Welcome, gentle readers.

This is an everyday tale of regular folk, who moved from Sheffield to the deepest Corrèze in France Profonde and thence to the rather more cosmopolitan Lot in search of something… different. We certainly found it.

The Lot is an area of outstanding natural beauty. Reputedly, a famous TV globetrotter was asked where, of all the places in the world he had visited, he might return to. He answered, ‘The Lot’.

Fans of Channel 4’s Grand Designs will know that we built a somewhat quirky straw bale house-with-a-view here in the Lot, not far from the celebrated Dordogne river.
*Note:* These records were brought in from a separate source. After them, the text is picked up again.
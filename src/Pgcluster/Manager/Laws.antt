-- ===== src/Pgcluster/Manager/Laws.antt =====
-- What `NewClusterManager` of pgcluster/manager.go promises of the manager that it returns.
use svckit.Base.{
  ℕ, suc, ◌<◌, ◌^◌, ◌≡◌, refl, ap, sym, subst, ◌∙◌, Bool, true, false, List, [], ◌∷◌, Option, none,
  some, Result, ok, All, get_elem?, length, map, Bool-cases, inl, inr, arith,
}
use svckit.Base.Run.{done, >>=-eq-done, done-injective}
use svckit.Base.Text.{Text}
use svckit.Pgcluster.Node.{
  DatabaseNode, ClusterConfig, ClusterManager, is_healthy, NodeRole, role_writer, role_reader,
  role_unknown,
}
use svckit.Pgcluster.Config.{ConfigError, set_defaults, validate}
use svckit.Pgcluster.Connect.{
  Dial, initialize_nodes, has_healthy_nodes, cluster_nodes, reader_nodes, with_writer,
}
use svckit.Pgcluster.Connect.Laws.{IsSound, initialize_nodes_lem}
use svckit.Pgcluster.Routing.{
  Balance, random, priority, least_connections, round_robin, can_read, reader, get_healthy_readers,
  balance_of, index_after, is_circuit_open, next_index,
}
use svckit.Pgcluster.Routing.Reads.{Serves, reader-Serves}
use svckit.Pgcluster.Connect.Laws.{identity}
use svckit.Pgcluster.Manager.{new_cluster_manager, start, started, fresh_manager}

ok-injective {ℓ κ} :
    {E : Type ℓ} {A : Type κ} {a b : A} → ◌≡◌ {A = Result E A} (ok a) (ok b) → a ≡ b
ok-injective h = cc

started-ok :
    (c : ClusterConfig) (o : Option (List DatabaseNode)) (cm : ClusterManager)
    → started c o ≡ ok cm
    → (ns : List DatabaseNode) × (o ≡ some ns) × (fresh_manager c ns ≡ cm)
unfolding started
started-ok c none cm h = absurd (cc)
started-ok c (some ns) cm h = (ns, refl, ok-injective h)

start-done :
    (c : ClusterConfig) (dials : ℕ → Dial) (v : Option ConfigError) (cm : ClusterManager)
    → start c dials v ≡ done (ok cm)
    → (v ≡ none)
      × ((ns : List DatabaseNode) × (initialize_nodes c dials ≡ done (some ns))
          × (fresh_manager c ns ≡ cm))
unfolding start
start-done c dials (some e) cm h = absurd (cc)
start-done c dials none cm h =
    let (o, e, rest) = >>=-eq-done (initialize_nodes c dials) _ h in
    let (ns, q, same) = started-ok c o cm (done-injective rest) in (refl, (ns, e ∙ ap done q, same))

is_known : NodeRole → Bool
is_known role_unknown = false
is_known role_writer = true
is_known role_reader = true

readers_known : (i : ℕ) (urls : List Text) → All (λ n. is_known n.role ≡ true) (reader_nodes i urls)
unfolding reader_nodes is_known
readers_known i [] = tt
readers_known i (url ∷ urls) = (refl, readers_known (suc i) urls)

with_writer_known :
    (url : Text) (readers : List DatabaseNode)
    → All (λ n. is_known n.role ≡ true) readers
    → All (λ n. is_known n.role ≡ true) (with_writer url readers)
unfolding with_writer is_known
with_writer_known [] readers h = h
with_writer_known (b ∷ url) readers h = (refl, h)

cluster_known : (c : ClusterConfig) → All (λ n. is_known n.role ≡ true) (cluster_nodes c)
unfolding cluster_nodes
cluster_known c = with_writer_known c.writer_url _ (readers_known 0 c.reader_urls)

role_of : List (Text × Text × NodeRole) → NodeRole
role_of [] = role_unknown
role_of (x ∷ xs) = x.2

rest_of : List (Text × Text × NodeRole) → List (Text × Text × NodeRole)
rest_of [] = []
rest_of (x ∷ xs) = xs

same_roles :
    (ns ms : List DatabaseNode)
    → map identity ns ≡ map identity ms
    → All (λ n. is_known n.role ≡ true) ms
    → All (λ n. is_known n.role ≡ true) ns
unfolding role_of rest_of
same_roles [] ms e h = tt
same_roles (n ∷ ns) [] e h = absurd (cc)
same_roles (n ∷ ns) (m ∷ ms) e h =
    (ap (λ l. is_known (role_of l)) e ∙ h.0, same_roles ns ms (ap rest_of e) h.1)

-- A list with a healthy node, all of them sound and of a known role, has a node that can read.
has_reader :
    (ns : List DatabaseNode)
    → All IsSound ns
    → All (λ n. is_known n.role ≡ true) ns
    → has_healthy_nodes ns ≡ true
    → (k : ℕ) × (n : DatabaseNode) × (get_elem? ns k ≡ some n) × (can_read n ≡ true)
unfolding has_healthy_nodes is_known
has_reader [] s r h = absurd (cc)
has_reader (n ∷ ns) s r h = elim (Bool-cases (is_healthy n.health)) [
  | inl e ↦ let pool = s.0.0 e in (0, n, refl, ground arith)
  | inr e ↦ let (k, m, g, c) = has_reader ns s.1 r.1 (ground arith) in (suc k, m, g, c)
]

fresh_open :
    (now : ℕ) (c : ClusterConfig) (ns : List DatabaseNode)
    → (is_circuit_open now (fresh_manager c ns)).1 ≡ false
unfolding is_circuit_open
fresh_open now c ns = refl

first_turn : (b : Balance) → index_after b 0 < 2 ^ 63
unfolding next_index
first_turn random = omega arith
first_turn priority = omega arith
first_turn least_connections = omega arith
first_turn round_robin = omega arith

-- A manager that is returned has the configuration with its defaults, which is valid, sound nodes of
-- which one is healthy, and a closed breaker, so that its first `Reader` serves from one of them.
pub new_cluster_manager-Serves :
    (config : ClusterConfig) (dials : ℕ → Dial) (cm : ClusterManager) (now later draw : ℕ)
    → new_cluster_manager config dials ≡ done (ok cm)
    → draw < length (get_healthy_readers cm.nodes)
    → (cm.config ≡ set_defaults config)
      × (validate cm.config ≡ none)
      × All IsSound cm.nodes
      × Serves cm (reader now later draw cm)
unfolding new_cluster_manager
new_cluster_manager-Serves config dials cm now later draw h d =
    let c = set_defaults config in
    let (valid, (ns, e, same)) = start-done c dials (validate c) cm h in
    let (sound, healthy, ids) = initialize_nodes_lem c dials ns e in
    let (k, n, g, able) =
      has_reader ns sound (same_roles ns (cluster_nodes c) ids (cluster_known c)) healthy in
    let config_same = ap (λ m. m.config) (sym same) in
    let nodes_same = ap (λ m. m.nodes) same in
    (
      config_same,
      ap validate config_same ∙ valid,
      subst (All IsSound) nodes_same sound,
      reader-Serves now later draw k cm n
          (subst (λ m. (is_circuit_open now m).1 ≡ false) same (fresh_open now c ns))
          (ap (λ l. get_elem? l k) (sym nodes_same) ∙ g) able
          (subst
            (λ m. index_after (balance_of m.config.read_balance_strategy) m.read_index < 2 ^ 63)
            same (first_turn (balance_of c.read_balance_strategy)))
          d,
    )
You can read all about it in my book,
Bloody Murder On The Dog's Meadow, or watch the re-runs of the programme on More 4, or view it on You Tube.

After a break in the proceedings to write a book or two, this blog now takes the form of an everyday journal. Sometimes things happen, sometimes they don't (but the art school dance goes on forever). I hope it will give you an entertaining insight into what it's like to live in a foreign country; what it's like in the slow lane as an ex-pat Brit in deepest France.

I shall undertake to update this once a month, unless absent on leave. Comments always welcomed, by the way, but I do tend to forget what buttons to click in order to answer them.


Monday, October 7, 2013

A French Film



I read something sometime recently that made me groan with the inevitability of it. Something about the decreasing popularity of French films in France. French audiences are demanding instead, quelle surprise, more fodder from the Big Country of philistines across the Atlantic. More bounce to the ounce, presumably: more guns, more explosions, more chases and other frenzied action, more brutality, more clichés.



It’s not that French film makers are immune to clichés. Judging by the posters and the blurb, plenty are riddled with them. But when they’re good, there’s still nothing quite like a French film. Movies like Un Air de Famille, for example, where we watch a group of beautifully observed individuals just interacting subtly and naturally, often warmly and humorously, where plot points and character arcs are so integrated into the whole rich tapestry of cinematic life that you don’t even notice them. France seems like one of the last places on earth where the indigenous film industry still bears an immediately recognisable stamp. So maybe not for much longer, then.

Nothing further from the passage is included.